What is the 25x rule in investing? ›

The 25x Retirement Rule is a guideline that suggests you should aim to save 25 times your annual expenses before retiring. This rule is based on the assumption that a well-invested retirement portfolio can sustainably provide 4% of its value each year to cover living expenses, also known as the "4% Rule."

What is the 10 5 3 rule of investment? ›

According to this rule, stocks can potentially return 10% annually, bonds 5%, and cash 3%. While these figures are not guarantees, they serve as a guideline for investors to forecast potential returns and adjust their portfolio accordingly.

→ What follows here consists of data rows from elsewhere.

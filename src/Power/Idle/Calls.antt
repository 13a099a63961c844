-- ===== src/Power/Idle/Calls.antt =====
-- Evaluating the idle state removes no file and leaves the configuration and the engine alone.
use fresh_core_native.Prelude.{Bytes}
use fresh_core_native.Os.{Env}
use fresh_core_native.Sys.Monad.{Runs}
use fresh_core_native.Sys.Still.{Still, Still-IsPreorder, stills, Runs-Still, Runs-Frame}
use fresh_core_native.Sys.Frame.{Frame}
use fresh_core_native.Power.Screen.Calls.{is_screen_on-Sensed}
use fresh_core_native.Power.Battery.Calls.{is_battery_safe-Sensed}
use fresh_core_native.Power.Thermal.Calls.{is_thermal_safe-Sensed}
use fresh_core_native.Power.Pressure.Calls.{is_memory_pressure_safe-Sensed}
use fresh_core_native.Power.Activity.Calls.{is_heavy_foreground_activity-Sensed}
use fresh_core_native.Power.Idle.{evaluate_idle_state}

module _ ⦃env : Env⦄ {P : Bytes → Type 0} where
  pub evaluate_idle_state-Still : Runs (Still P) evaluate_idle_state
  unfolding evaluate_idle_state
  evaluate_idle_state-Still =
      search
        (
          stills,
          Runs-Still is_screen_on-Sensed,
          Runs-Still is_battery_safe-Sensed,
          Runs-Still is_thermal_safe-Sensed,
          Runs-Still is_memory_pressure_safe-Sensed,
          Runs-Still is_heavy_foreground_activity-Sensed,
        )
        depth 60

  pub evaluate_idle_state-Frame : Runs (Frame P) evaluate_idle_state
  evaluate_idle_state-Frame = Runs-Frame evaluate_idle_state-Still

What is the 50% rule in investing? ›

There are a few rules of thumb that can be used in real estate when looking at and evaluating potential investments. One of these is the 50% rule. The 50% rule advises investors to estimate a property's operating expenses will amount to roughly half of its gross income.

What is the 7% rule in stocks? ›

However, if the stock falls 7% or more below the entry, it triggers the 7% sell rule. It is time to exit the position before it does further damage. That way, investors can still be in the game for future opportunities by preserving capital. The deeper a stock falls, the harder it is to get back to break-even.

Is it legal to buy and sell the same stock repeatedly? ›

While the practice is legal, investors who trade the same securities often in a single day are potentially flagged as “pattern day traders" (PDT), which requires adherence to Financial Industry Regulatory Authority (FINRA) requirements.

Can you sell a stock at a loss and buy it back? ›

A wash sale occurs when an investor sells a security at a loss and then purchases the same or a substantially similar security within 30 days, before or after the transaction. This rule is designed to prevent investors from claiming capital losses as tax deductions if they re-enter a similar position too quickly.